◆ Try it
Starting at the line with "after_ack (w, some" and going on through the line with "Cid → List Text", reproduce each line in the records below exactly and nothing more.

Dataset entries

-=-=-=-=-

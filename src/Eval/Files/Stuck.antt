-- ===== src/Eval/Files/Stuck.antt =====
-- `cleanup` of `AllocateFile` never returns.
use inu.Base.{
  ℕ, ◌+◌, ◌≤◌, ◌≡◌, ◌≢◌, refl, ap, subst, ◌∙◌, Bool, true, false, Option, none, some, arith,
}
use inu.Eval.Files.{
  Place, outside, locking, inside, cleaning, removing, leaving, returned, Ready, own, cancelled,
  place_step, Files, new_files, FileRuns, rest, makes, removes,
}

-- Whether a goroutine at the place has the mutex locked.
abbrev held : Place → ℕ
held outside = 0
held locking = 0
held inside = 1
held cleaning = 0
held removing = 1
held leaving = 1
held returned = 0

abbrev locks : Bool → ℕ
locks true = 1
locks false = 0

locks_le : (l : Bool) → locks l ≤ 1
locks_le true = omega arith
locks_le false = omega arith

-- One goroutine has the mutex when it is locked, and none when it is not.
record IsLocked (f : Files) : Type 0 where
  one : held f.maker + held f.remover ≡ locks f.locked
  maker_left : f.maker ≢ returned
  remover_left : f.remover ≢ returned

arrived :
    (p q : Place) (l m : Bool) (others : ℕ)
    → held p + others ≡ locks l
    → p ≢ returned
    → ◌≡◌ {A = Option (Place × Bool)} (some (p, l)) (some (q, m))
    → (held q + others ≡ locks m) × (q ≢ returned)
arrived p q l m others h d e =
    let place : p ≡ q = ground (arith, e) in
    let flag : l ≡ m = ground (arith, e) in
    (
      subst (λ n. held q + others ≡ locks n) flag (subst (λ z. held z + others ≡ locks l) place h),
      subst (λ z. z ≢ returned) place d,
    )

place_step-held :
    (r : Ready) (p q : Place) (l m : Bool) (others : ℕ)
    → held p + others ≡ locks l
    → p ≢ returned
    → place_step r p l ≡ some (q, m)
    → (held q + others ≡ locks m) × (q ≢ returned)
unfolding place_step
place_step-held own outside q l m others h d e = arrived locking q l m others h (λ z. cc) e
place_step-held cancelled outside q l m others h d e = arrived cleaning q l m others h (λ z. cc) e
place_step-held r locking q true m others h d e = cc
place_step-held r locking q false m others h d e =
    arrived inside q true m others (omega (arith, h)) (λ z. cc) e
place_step-held r inside q l m others h d e =
    arrived outside q false m others (omega (arith, h, locks_le l)) (λ z. cc) e
place_step-held r cleaning q true m others h d e = cc
place_step-held r cleaning q false m others h d e =
    arrived removing q true m others (omega (arith, h)) (λ z. cc) e
place_step-held r removing q l m others h d e = arrived leaving q l m others h (λ z. cc) e
place_step-held r leaving q true m others h d e = cc
place_step-held r leaving q false m others h d e = absurd (omega (arith, h))
place_step-held r returned q l m others h d e = absurd (d refl)

FileRuns-IsLocked : (f g : Files) → IsLocked f → FileRuns f g → IsLocked g
FileRuns-IsLocked f g h rest = h
FileRuns-IsLocked f _ h (makes g r p l runs e) =
    let before = FileRuns-IsLocked f g h runs in
    let (one, left) =
      place_step-held r g.maker p g.locked l (held g.remover) before.one before.maker_left e in
    record { one = one; maker_left = left; remover_left = before.remover_left }
FileRuns-IsLocked f _ h (removes g r p l runs e) =
    let before = FileRuns-IsLocked f g h runs in
    let (one, left) =
      place_step-held r g.remover p g.locked l (held g.maker) (omega (arith, before.one))
        before.remover_left e in
    record { one = omega (arith, one); maker_left = before.maker_left; remover_left = left }

-- The deferred call of `cleanup` locks the mutex that `cleanup` has locked: in no order of the steps
-- does a goroutine of `AllocateFile` return, and one that has come to the deferred call has the mutex
-- locked and can take no step.
pub cleanup_stuck :
    (g : Files) (r : Ready)
    → FileRuns new_files g
    → (g.maker ≢ returned)
      × (g.remover ≢ returned)
      × (g.maker ≡ leaving → place_step r g.maker g.locked ≡ none)
      × (g.remover ≡ leaving → place_step r g.remover g.locked ≡ none)
unfolding place_step
cleanup_stuck g r runs =
    let all =
      FileRuns-IsLocked new_files g
        (record { one = refl; maker_left = λ z. cc; remover_left = λ z. cc }) runs in
    (
      all.maker_left,
      all.remover_left,
      λ e. stuck g.maker (held g.remover) e all.one,
      λ e. stuck g.remover (held g.maker) e (omega (arith, all.one)),
    )
  where
    waits : (l : Bool) → 1 ≤ locks l → place_step r leaving l ≡ none
    waits true h = refl
    waits false h = absurd (omega (arith, h))

    stuck :
        (p : Place) (others : ℕ)
        → p ≡ leaving
        → held p + others ≡ locks g.locked
        → place_step r p g.locked ≡ none
    stuck p others e h =
        let one : 1 ≤ locks g.locked = omega (arith, ap held e, h) in
        ap (λ q. place_step r q g.locked) e ∙ waits g.locked one
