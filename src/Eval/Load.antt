-- ===== src/Eval/Load.antt =====
-- What cmd/evaluate/eval.go counts of captured packets. `gopacket` is a parameter: a packet is its length
-- and, when it has an IPv4 layer, the texts of its two addresses.
pub mod Counted
use inu.Base.{
  ℕ, ◌+◌, ◌/◌, ◌%◌, ◌^◌, Bool, true, false, ◌&&◌, ◌||◌, List, [], ◌∷◌, ◌++◌, Option, none, some,
  if◌then◌else◌,
}
use inu.Key.{key_eq}
use inu.Http.{Text}

pub record Ends : Type 0 where
  pub src : Text
  pub dst : Text

pub record Packet : Type 0 where
  pub ends : Option Ends
  pub size : ℕ

-- The test of `measureLoad`: the packet goes from one address to the other.
unfoldable pub between : Text → Text → Ends → Bool
between a b e = key_eq e.src a && key_eq e.dst b || key_eq e.src b && key_eq e.dst a

abbrev pub load_of : Text → Text → Packet → Option Ends → ℕ
load_of a b p none = 0
load_of a b p (some e) = if between a b e then p.size else 0

unfoldable pub measure_load : List Packet → Text → Text → ℕ
unfolding between
measure_load [] a b = 0
measure_load (p ∷ ps) a b = load_of a b p p.ends + measure_load ps a b

-- The counters of `testChurn`: the bytes, a uint64, and the set of addresses.
pub record Traffic : Type 0 where
  pub seen : ℕ
  pub nodes : List Text

-- `nodes[ip] = struct{}{}`
unfoldable pub has : Text → List Text → Bool
has a [] = false
has a (b ∷ r) = key_eq a b || has a r

abbrev pub insert_end : Text → List Text → List Text
insert_end a r = if has a r then r else a ∷ r

-- A turn of the loop of `testChurn`: packets to the bootstrap node are left out.
abbrev pub count_ends : Text → ℕ → Option Ends → Traffic → Traffic
count_ends bootstrap size none t = t
count_ends bootstrap size (some e) t = if key_eq e.dst bootstrap then t else record {
  seen = (t.seen + size) % 2 ^ 64;
  nodes = insert_end e.dst (insert_end e.src t.nodes);
}

unfoldable pub count_packets : Text → List Packet → Traffic → Traffic
unfolding has
count_packets bootstrap [] t = t
count_packets bootstrap (p ∷ ps) t =
    count_packets bootstrap ps (count_ends bootstrap p.size p.ends t)

-- `NetemConfig`, and the rate that `Attribute` gives to go-tc, which multiplies it by 8.
pub record NetemConfig : Type 0 where
  pub latency : ℕ
  pub jitter : ℕ
  pub rate : ℕ

abbrev pub rate64 : NetemConfig → ℕ
rate64 c = c.rate / 8

pub record DlSpeedCtl : Type 0 where
  pub uploader_ip : Text
  pub downloader_ip : Text
  pub midstream_ips : List Text
  pub filesize : ℕ

pub record RoutingCtl : Type 0 where
  pub uploader_ip : Text
  pub downloader_ip : Text
  pub midstream_ip : Text
  pub filesize : ℕ
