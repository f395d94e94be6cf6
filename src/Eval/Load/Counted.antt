-- ===== src/Eval/Load/Counted.antt =====
-- The counters of cmd/evaluate/eval.go.
use native.Mathlib.Nat.{mod-add-mod}
use inu.Base.{
  ℕ, ◌+◌, ◌%◌, ◌^◌, ◌≡◌, refl, ap, ◌∙◌, Bool, true, false, ◌||◌, List, [], ◌∷◌, Option, none, some,
  if◌then◌else◌, arith, Bool-cases, inl, inr,
}
use inu.Key.{key_eq}
use inu.Key.Number.{key_eq_iff}
use inu.Http.{Text}
use inu.Eval.Load.{
  Ends, Packet, Traffic, between, load_of, measure_load, has, insert_end, count_ends, count_packets,
}

-- The bytes of the packets that `testChurn` counts.
unfoldable pub counted : Text → List Packet → ℕ
counted bootstrap [] = 0
counted bootstrap (p ∷ ps) =
    elim p.ends [ none ↦ 0 | some e ↦ if key_eq e.dst bootstrap then 0 else p.size ]
    + counted bootstrap ps

-- Whether an address is that of an end of one of them.
unfoldable pub is_end : Text → Text → List Packet → Bool
is_end bootstrap a [] = false
is_end bootstrap a (p ∷ ps) =
    elim p.ends [
      | none ↦ false
      | some e ↦ if key_eq e.dst bootstrap then false else key_eq a e.dst || key_eq a e.src
    ]
    || is_end bootstrap a ps

has-insert_end : (a b : Text) (r : List Text) → has a (insert_end b r) ≡ (key_eq a b || has a r)
unfolding has
has-insert_end a b r = elim (Bool-cases (has b r)) [
  | inr new ↦ rw (new) refl
  | inl there ↦ elim (Bool-cases (key_eq a b)) [
    | inr other ↦ rw (there, other) refl
    | inl same ↦
        let found : has a r ≡ true = ap (λ c. has c r) ((key_eq_iff a b).0 same) ∙ there in
        rw (there, same) found
  ]
]

-- The two counters of `testChurn` after all packets: the bytes, by 2 ^ 64, of those that go elsewhere than
-- to the bootstrap node, and the addresses at their ends.
pub count_packets_lem :
    (bootstrap : Text) (ps : List Packet) (t : Traffic) (a : Text)
    → ((count_packets bootstrap ps t).seen % 2 ^ 64 ≡ (t.seen + counted bootstrap ps) % 2 ^ 64)
      × (has a (count_packets bootstrap ps t).nodes ≡ (is_end bootstrap a ps || has a t.nodes))
unfolding count_packets counted is_end
count_packets_lem bootstrap [] t a = (ap (λ n. n % 2 ^ 64) (omega arith), refl)
count_packets_lem bootstrap (p ∷ ps) t a = go (λ u. count_packets_lem bootstrap ps u a) p.ends
  where
    go :
        ((u : Traffic)
          → ((count_packets bootstrap ps u).seen % 2 ^ 64
              ≡ (u.seen + counted bootstrap ps) % 2 ^ 64)
            × (has a (count_packets bootstrap ps u).nodes
                ≡ (is_end bootstrap a ps || has a u.nodes)))
        → (e : Option Ends)
        → ((count_packets bootstrap ps (count_ends bootstrap p.size e t)).seen % 2 ^ 64
            ≡ (t.seen
                + (elim e [ none ↦ 0 | some e ↦ if key_eq e.dst bootstrap then 0 else p.size ]
                    + counted bootstrap ps))
              % 2 ^ 64)
          × (has a (count_packets bootstrap ps (count_ends bootstrap p.size e t)).nodes ≡ (
              (elim e [
                | none ↦ false
                | some e ↦
                    if key_eq e.dst bootstrap then false else key_eq a e.dst || key_eq a e.src
              ]
                || is_end bootstrap a ps)
              || has a t.nodes))
    go ih none = ground (arith, ih t)
    go ih (some e) = elim (Bool-cases (key_eq e.dst bootstrap)) [
      | inl own ↦ rw (own) (ground (arith, ih t))
      | inr other ↦
          let u : Traffic = record {
            seen = (t.seen + p.size) % 2 ^ 64;
            nodes = insert_end e.dst (insert_end e.src t.nodes);
          } in
          let later = ih u in
          rw (other) (
            later.0
                ∙ mod-add-mod (t.seen + p.size) (2 ^ 64) (counted bootstrap ps)
                ∙ ap (λ n. n % 2 ^ 64) (omega arith),
            ground (
              arith,
              later.1,
              has-insert_end a e.dst (insert_end e.src t.nodes),
              has-insert_end a e.src t.nodes,
            ),
          )
    ]

-- `measureLoad` of two addresses does not depend on their order.
pub measure_load_comm : (ps : List Packet) (a b : Text) → measure_load ps a b ≡ measure_load ps b a
unfolding measure_load between
measure_load_comm [] a b = refl
measure_load_comm (p ∷ ps) a b = omega (arith, one p.ends, measure_load_comm ps a b)
  where
    one : (e : Option Ends) → load_of a b p e ≡ load_of b a p e
    one none = refl
    one (some e) = ground arith
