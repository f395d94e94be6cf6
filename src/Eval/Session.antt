-- ===== src/Eval/Session.antt =====
-- `ctlDlSpeed` and `ctlRouting` of cmd/evaluate/inuctl/main.go: one daemon adds and uploads a file, and the
-- others download it by their interfaces. An error of any call is a panic.
pub mod Reached
use mathlib.Core.List.{Permᴰ}
use inu.Base.{
  ℕ, Bool, true, false, List, [], ◌∷◌, Option, none, some, if◌then◌else◌, Run, ok, err, panic,
  out_of_fuel, ◌>>=◌, ◌==◌,
}
use inu.Cid.{Bytes, Cid}
use inu.Http.{Text}
use inu.Eval.Addresses.{Result}
use inu.Eval.Load.{DlSpeedCtl, RoutingCtl}
use inu.Eval.Controller.{new_file}

-- The calls: a connection to the daemon of an address, `AddBytes`, `Upload` and `Download` of a daemon, and
-- the request to the network manager with the acknowledgement that is read.
pub record Calls (World : Type 0) : Type 0 where
  pub connect : World → Text → World × Bool
  pub add_bytes : World → Text → Bytes → World × Option Cid
  pub upload : World → Text → Cid → World × Bool
  pub download : World → Text → Cid → World × Bool
  pub request_netem : World → World × Option ℕ

-- `AckNetem`
abbrev pub ack_netem : ℕ
ack_netem = 0

-- The rest of the controller behind a call, which panics on an error.
abbrev pub after {ℓ} :
    {World : Type 0} {A : Type ℓ} → World × Bool → (World → World × Result A) → World × Result A
after (w, true) f = f w
after (w, false) f = (w, panic)

abbrev pub after_cid :
    {World : Type 0} {A : Type 0}
    → World × Option Cid
    → (World → Cid → World × Result A)
    → World × Result A
after_cid (w, none) f = (w, panic)
after_cid (w, some c) f = f w c

abbrev pub after_ack :
    {World : Type 0} {A : Type 0} → World × Option ℕ → (World → World × Result A) → World × Result A
after_ack (w, none) f = (w, panic)
after_ack (w, some a) f = if a == ack_netem then f w else (w, panic)

abbrev pub after_file :
    {World : Type 0} {A : Type 0}
    → World
    → Result Bytes
    → (Bytes → World × Result A)
    → World × Result A
after_file w (ok d) f = f d
after_file w (err e) f = (w, panic)
after_file w panic f = (w, panic)
after_file w out_of_fuel f = (w, out_of_fuel)

module _ {World : Type 0} (calls : Calls World) (read : ℕ → Bytes) where
  unfoldable pub connect_all : List Text → World → (World → World × Result Cid) → World × Result Cid
  connect_all [] w f = f w
  connect_all (ip ∷ ips) w f = after (calls.connect w ip) (λ w. connect_all ips w f)

  -- The downloads of a list of daemons, in the order in which they end.
  unfoldable pub download_all :
      Cid → List Text → World → (World → World × Result Cid) → World × Result Cid
  download_all c [] w f = f w
  download_all c (ip ∷ ips) w f = after (calls.download w ip c) (λ w. download_all c ips w f)

  unfoldable pub upload_file :
      Text → ℕ → World → (World → Cid → World × Result Cid) → World × Result Cid
  unfolding new_file
  upload_file ip size w f =
      after_file w (new_file read size)
        λ d. after_cid (calls.add_bytes w ip d) λ w c. after (calls.upload w ip c) λ w. f w c

  -- `ctlDlSpeed`, with the midstream daemons in the order in which they end; the name is what it
  -- measured.
  unfoldable pub ctl_dl_speed :
      (ctl : DlSpeedCtl) (order : List Text)
      → Permᴰ order ctl.midstream_ips
      → World
      → World × Result Cid
  unfolding connect_all download_all upload_file
  ctl_dl_speed ctl order perm w =
      connect_all (ctl.uploader_ip ∷ ctl.downloader_ip ∷ ctl.midstream_ips) w λ w.
        upload_file ctl.uploader_ip ctl.filesize w λ w c. download_all c order w λ w.
          after_ack (calls.request_netem w)
            λ w. after (calls.download w ctl.downloader_ip c) λ w. (w, ok c)

  unfoldable pub ctl_routing : RoutingCtl → World → World × Result Cid
  unfolding connect_all download_all upload_file
  ctl_routing ctl w =
      connect_all (ctl.uploader_ip ∷ ctl.downloader_ip ∷ ctl.midstream_ip ∷ []) w λ w.
        upload_file ctl.uploader_ip ctl.filesize w
          λ w c. download_all c (ctl.midstream_ip ∷ ctl.downloader_ip ∷ []) w λ w. (w, ok c)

-=-=-=-=-

◆ Response to this exercise
after_ack (w, some a) f = if a == ack_netem then f w else (w, panic)

abbrev pub after_file :
    {World : Type 0} {A : Type 0}
    → World
    → Result Bytes
    → (Bytes → World × Result A)
    → World × Result A
after_file w (ok d) f = f d
after_file w (err e) f = (w, panic)
after_file w panic f = (w, panic)
after_file w out_of_fuel f = (w, out_of_fuel)

module _ {World : Type 0} (calls : Calls World) (read : ℕ → Bytes) where
  unfoldable pub connect_all : List Text → World → (World → World × Result Cid) → World × Result Cid
  connect_all [] w f = f w
  connect_all (ip ∷ ips) w f = after (calls.connect w ip) (λ w. connect_all ips w f)

  -- The downloads of a list of daemons, in the order in which they end.
  unfoldable pub download_all :
      Cid → List Text → World → (World → World × Result Cid) → World × Result Cid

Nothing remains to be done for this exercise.